CHATHAM–The Town Board has scheduled a public hearing on the proposed new zoning law for Thursday, May 23 at 6 p.m. at the Tri-Village Fire House in Old Chatham.
The most updated proposed law is online at chathamnewyork.us/government/zoning, the town’s website.
This is not the first public hearing the board has held on the proposed zoning law. Last August, September and March the board held hearings on versions of this proposal and heard from several residents about the new regulations on short-term rentals. There are no regulations in the current town zoning law about short-term rentals, like properties offered on Airbnb and other websites.
The board began updating the town zoning laws in 2009, after the town’s Comprehensive Plan was passed. About two years ago, a committee was formed to review the zoning code and make changes and the board hired Nan Stolzenburg as town planning consultant. The board presented a zoning document with major changes and updates to the public in the summer of 2018.
But since then the board has heard from many residents, business owners and people who own property in the town, who have spoken at meetings and workshops about the short-term rental issue. Since the last three public hearings, the proposal has been changed. At one point limits were set on the amount of days owners could rent out their properties on a short-term basis and a residency requirement was added and changed.
At a workshop meeting in April, the board changed the short-term rental section of the law to allow property owners to rent out their properties for up to 30 days a year without having to meet a residency requirement. To rent out a property 31 days or more a year, that property would have to be the owner’s “domicile.”
According to the latest proposal on the website, a short-term rental is now defined as “the use of a residential home where by all or part of the home is rented by the property owner to tenants for consecutive periods of less than 31 days.”
In the proposed law, the board added the definition of a domicile, defining it as “A person’s fixed, permanent, and principal home for legal purposes and which is physically occupied by the owner for the purposes of living there at least 160 days per calendar year. For the purposes of this definition, ‘Domicile’ is distinct and different from ‘residence.’ As is often noted by courts and commentators, a person may have many residences, but can have only one domicile.”
Under the definition of short-term use, the proposed law says that to rent out a property for more than 30 days a year, the property must be the owner’s domicile.
Once the over-30-days rules apply, the proposal specifies requirements, depending on how many rooms are rented out and the type of permit a property owner needs from the town in order to offer short-term rentals. In some cases an owner would have to obtain a special use permit, in others only a site plan review would be required.
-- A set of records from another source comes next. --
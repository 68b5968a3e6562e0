-- ===== src/Client.antt =====
-- proxy/client/client.go: the response to a client. The http.ResponseWriter is what it has got: the
-- status, the headers and the bytes. Flush changes nothing here.

use streamweaver.Prelude.{
  ℕ, Bool, true, false, Option, none, some, List, [], ◌∷◌, ◌++◌, Text, Table, lookup, put, take,
  length, if◌then◌else◌,
}

pub record ResponseWriter : Type 0 where
  pub status : Option ℕ
  pub header : Table (List Text)
  pub body : Text

-- `writer` is none for a nil ResponseWriter, through which a call panics.
pub record StreamClient : Type 0 where
  pub response_headers : Table (List Text)
  pub headers_sent : Bool
  pub writer : Option ResponseWriter

pub new_stream_client : Option ResponseWriter → StreamClient
new_stream_client w = record { response_headers = []; headers_sent = false; writer = w }

-- http.Header.Set and Add, on canonical keys.
unfoldable pub set_header : Text → Text → StreamClient → StreamClient
unfolding put
set_header key value sc =
    if sc.headers_sent
    then sc
    else record sc { response_headers = put key (value ∷ []) sc.response_headers }

unfoldable pub values_of : Text → Table (List Text) → List Text
unfolding lookup
values_of key h = elim (lookup key h) [ none ↦ [] | some vs ↦ vs ]

unfoldable pub add_headers : Table (List Text) → Table (List Text) → Table (List Text)
unfolding put values_of
add_headers [] h = h
add_headers ((key, values) ∷ rest) h = add_headers rest (put key (values_of key h ++ values) h)

-- `none` for a panic.
unfoldable pub write_header : ℕ → StreamClient → Option StreamClient
unfolding add_headers
write_header status sc = if sc.headers_sent then some sc else elim sc.writer [
  | none ↦ none
  | some w ↦ some (record sc {
    headers_sent = true;
    writer =
        some (record w { status = some status; header = add_headers sc.response_headers w.header });
  })
]

unfoldable pub is_writable : StreamClient → Bool
is_writable sc = elim sc.writer [ none ↦ false | some w ↦ true ]

-- What the ResponseWriter does with a Write: takes it whole, or some bytes of it with an error.
pub data Taken : Type 0 where
  whole : Taken
  part : ℕ → Taken

abbrev pub taken_of : Taken → Text → Text
taken_of whole b = b
taken_of (part n) b = take n b

abbrev pub is_whole : Taken → Bool
is_whole whole = true
is_whole (part n) = false

-- The client, the number of bytes taken, and whether there was no error; `none` for a panic.
unfoldable pub write : Taken → Text → StreamClient → Option (StreamClient × ℕ × Bool)
unfolding write_header
write t b sc = elim (write_header 200 sc) [
  | none ↦ none
  | some sc' ↦ elim sc'.writer [
    | none ↦ none
    | some w ↦ some (
      record sc' { writer = some (record w { body = w.body ++ taken_of t b }) },
      length (taken_of t b),
      is_whole t,
    )
  ]
]

-- The bytes that the client has got.
unfoldable pub body_of : StreamClient → Text
body_of sc = elim sc.writer [ none ↦ [] | some w ↦ w.body ]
“For all classes of short‐term rentals and investment properties used for rental uses, before a short‐term rental permit is issued, there shall be an initial safety inspection conducted by [the Code Enforcement Officer] to determine whether property to be rented is in compliance with the Zoning Law and all other applicable provisions of the Town Code, the New York State Uniform Fire Prevention and Building Code and any New York State Code Supplements,” according to Section Z of the proposed law.
At the board workshop meeting May 2, board members discussed with Ms. Stolzenburg and John Lyons, the town’s attorney for land use, the steps needed to move the proposal to a vote. The latest changes have been extensive enough that the newest version of the proposed law has to be reviewed again by the county Planning Board, as well as the town Planning Board, and the town has to hold another public hearing.
The board also reviewed the timeline for completing the environmental review required by the State Environmental Quality Review Act (SEQRA).
As for changes to the law, Mr. Lyons told the board that besides changing the short-term rental section, “we did a little bit more clean-up.” He said they also “spiffed up the definitions.”
He stressed that having a final draft of the proposed law “is step one of the official process of adoption” but he said that changes could be made to the law after the public hearing.
Ms. Stolzenburg talked to the board about the SEQRA review. The board will be reviewing the proposed law for small or large environmental impacts. Mr. Lyons pointed out that they are looking at environmental issues not economic ones.
“Pure economic impacts don’t have a place in the SEQRA review,” he told the board.
Copies of the proposed law that will be discussed at the public hearing are also available at Town Hall on Route 295 and at the North Chatham Library.
The Tri-Village Fire House is at 111 County Route 13. The public hearing starts at 6 p.m. May 23.